If we don't need the extra revenue from rising property values, we should cut
property tax rates accordingly. City residents getting the same public
services for a smaller percentage of their wealth would be an immensely
positive impact of tech's prosperity.

If we do need it (and I suspect we do, because higher prices mean government
facilities and staff are more expensive), we should collect it fairly across
the board. Maybe "fair" means flat, maybe it means progressive, maybe it even
means "tenure in city" or "tenure in neighborhood," but "tenure in current
address" is crazy. At least use a mechanism with some thought put into its
incentives and possible unintended consequences.

------
king_magic
Yeah, no thanks.
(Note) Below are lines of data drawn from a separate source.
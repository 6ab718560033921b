-- ===== src/Gateway/Pools.antt =====
-- A database keeps its pool, whatever the gateway serves, one call after the other.
use redis_web.Prelude.{
  ℕ, Option, none, some, List, [], ◌∷◌, ◌+◌, zero, suc, Result, ok, err, ◌≡◌, refl, Bool-cases,
  Result-cases, inl, inr,
}
use redis_web.Acl.{AuthContext}
use redis_web.Request.{ExecutableCommand, parse_http_request}
use redis_web.Handler.Process.{
  Host, HttpRequest, AppState, process_request, run_request, is_authorized, input_of,
}
use redis_web.Handler.Safety.{process_request_ok, process_request_err}
use redis_web.Redis.Pools.{RedisPool, DatabasePoolRegistry, Pooling}
use redis_web.Redis.Executor.{Server}
use redis_web.Redis.Keeping.{Extends-trans, pool_for_database-keeps}
use redis_web.Redis.Executor
use redis_web.Redis.Sharing.{bound_pool, IsWell, Extends}
use redis_web.Grpc
use redis_web.Grpc.{Peer, CommandRequest, command_from_proto, auth_context, authorize, is_allowed}
use redis_web.Grpc.Stream.{
  StreamCommandRequest, execute_stream, answer_items, stream_reply, stream_command,
}
use redis_web.Grpc.Value.{Status}
use redis_web.Grpc.Stream
use redis_web.Gateway.{gateway, Call, http, unary, streamed, serve_call, serve_calls}

-- What the execution of commands keeps, the handlers keep.
module _ {ℓ} (host : Host) (localhost : host.Ip) (state : AppState host.Net) (Inv : host.S → Type ℓ)
    (keeps : (c : ExecutableCommand) (s : host.S) → Inv s → Inv (host.execute c s).1) where
  process_request-keeps :
      (req : HttpRequest host.Ip) (s : host.S) → Inv s → Inv (process_request host state req s).1
  unfolding run_request
  process_request-keeps req s h =
      elim (Result-cases (parse_http_request (input_of host state req))) [
        | inl (e, p) ↦ rw (process_request_err host state req s e p) h
        | inr (c, p) ↦ elim (Bool-cases (is_authorized host state req c)) [
          | inl a ↦ rw (process_request_ok host state req s c p, a) (keeps c.command s h)
          | inr a ↦ rw (process_request_ok host state req s c p, a) h
        ]
      ]

  execute-keeps :
      (peer : Peer host.Ip) (request : CommandRequest) (s : host.S)
      → Inv s
      → Inv (Grpc.execute host localhost state peer request s).1
  unfolding Grpc.execute authorize
  execute-keeps peer request s h =
      elim (Result-cases (command_from_proto state.default_database request)) [
        | inl (e, p) ↦ rw (p) h
        | inr (c, p) ↦
            elim (Bool-cases
              (is_allowed host localhost state (auth_context host localhost peer) c.command_name)) [
                | inl a ↦ rw (p, a) (keeps c s h)
                | inr a ↦ rw (p, a) h
              ]
      ]

  stream_command-keeps :
      (auth : AuthContext host.Ip) (r : Result Status ExecutableCommand) (s : host.S)
      → Inv s
      → Inv (stream_command host localhost state auth r s).1
  unfolding authorize
  stream_command-keeps auth (err status) s h = h
  stream_command-keeps auth (ok c) s h =
      elim (Bool-cases (is_allowed host localhost state auth c.command_name)) [
        | inl a ↦ rw (a) (keeps c s h)
        | inr a ↦ rw (a) h
      ]

  stream_reply-keeps :
      (auth : AuthContext host.Ip) (item : StreamCommandRequest) (s : host.S)
      → Inv s
      → Inv (stream_reply host localhost state auth item s).1
  unfolding stream_reply
  stream_reply-keeps auth item s h = go item.command
    where
      go : (o : Option CommandRequest) → Inv (Stream.stream_result host localhost state auth o s).1
      go none = h
      go (some request) =
          stream_command-keeps auth (command_from_proto state.default_database request) s h

  answer_items-keeps :
      (auth : AuthContext host.Ip) (items : List (Result Status StreamCommandRequest)) (taken : ℕ)
      (s : host.S)
      → Inv s
      → Inv (answer_items host localhost state auth items taken s).1
  unfolding answer_items
  answer_items-keeps auth [] taken s h = h
  answer_items-keeps auth (err status ∷ items) zero s h = h
  answer_items-keeps auth (err status ∷ items) (suc taken) s h = h
  answer_items-keeps auth (ok item ∷ items) zero s h = stream_reply-keeps auth item s h
  answer_items-keeps auth (ok item ∷ items) (suc taken) s h =
      answer_items-keeps auth items taken (stream_reply host localhost state auth item s).1
        (stream_reply-keeps auth item s h)

module _ (host : Host) (pooling : Pooling) (server : Server) (localhost : host.Ip)
    (state : AppState host.Net) where
  -- the answers are for their own databases, and those of the beginning are still given
  abbrev Keeps : DatabasePoolRegistry → DatabasePoolRegistry × server.S → Type 0
  Keeps first (r, s) = IsWell r × Extends first r

  execute-Keeps :
      (first : DatabasePoolRegistry) (c : ExecutableCommand) (s : DatabasePoolRegistry × server.S)
      → Keeps first s
      → Keeps first ((gateway host pooling server).execute c s).1
  unfolding Executor.execute
  execute-Keeps first c (r, s) (well, ext) =
      let (well', ext') = pool_for_database-keeps pooling c.target_database r well in
      (well', Extends-trans first r _ ext ext')

  serve_call-Keeps :
      (first : DatabasePoolRegistry) (call : Call host pooling server)
      (s : DatabasePoolRegistry × server.S)
      → Keeps first s
      → Keeps first (serve_call host pooling server localhost state call s)
  unfolding serve_call execute_stream
  serve_call-Keeps first (http request) s h =
      process_request-keeps (gateway host pooling server) localhost state (Keeps first)
        (execute-Keeps first) request s h
  serve_call-Keeps first (unary peer request) s h =
      execute-keeps (gateway host pooling server) localhost state (Keeps first)
        (execute-Keeps first) peer request s h
  serve_call-Keeps first (streamed peer items taken buffered) s h =
      answer_items-keeps (gateway host pooling server) localhost state (Keeps first)
        (execute-Keeps first) (auth_context (gateway host pooling server) localhost peer) items
        (taken + buffered) s h

  serve_calls-Keeps :
      (first : DatabasePoolRegistry) (calls : List (Call host pooling server))
      (s : DatabasePoolRegistry × server.S)
      → Keeps first s
      → Keeps first (serve_calls host pooling server localhost state calls s)
  unfolding serve_calls
  serve_calls-Keeps first [] s h = h
  serve_calls-Keeps first (call ∷ calls) s h =
      serve_calls-Keeps first calls (serve_call host pooling server localhost state call s)
        (serve_call-Keeps first call s h)

  -- Whatever requests, calls and streams a gateway serves one after the other, accepted or refused: a
  -- database that has a pool keeps it, and each pool that the registry holds at the end for a database was made for that
  -- database. The registry has to hold no other pools at the beginning, as a new one does.
  pub serve_calls-bound_pool :
      (calls : List (Call host pooling server)) (r : DatabasePoolRegistry) (s : server.S)
      → IsWell r
      → (d e : ℕ) (p q : RedisPool) → bound_pool r d ≡ some p
      → bound_pool (serve_calls host pooling server localhost state calls (r, s)).0 e ≡ some q
      → (bound_pool (serve_calls host pooling server localhost state calls (r, s)).0 d ≡ some p)
        × (q.database ≡ e)
  serve_calls-bound_pool calls r s well d e p q h k =
      let (well', ext) = serve_calls-Keeps r calls (r, s) (well, (refl, λ _ _ x. x)) in
      (ext.1 d p h, well' e q k)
I do not want anyone else living on my property. Especially
not in my garage.

------
intopieces
The article mentions something called “Naturally Occuring Affordable Housing”
that doesn’t require public subsidy and then goes on to talk about a plan to
publicly subsidize these conversions in the very next paragraph. Feels like a
bait and switch.

------
scottlegrand2
Yeah they're already doing that in Santa Cruz and it sucks across the board.

Evidence: I live there and I like to go to open houses just to gloat at how
badly people have f __*ed up otherwise perfectly workable floor plans to make
a little extra cash.

OTOH reducing the cost of in-law unit permits to zero across the board would
work wonders.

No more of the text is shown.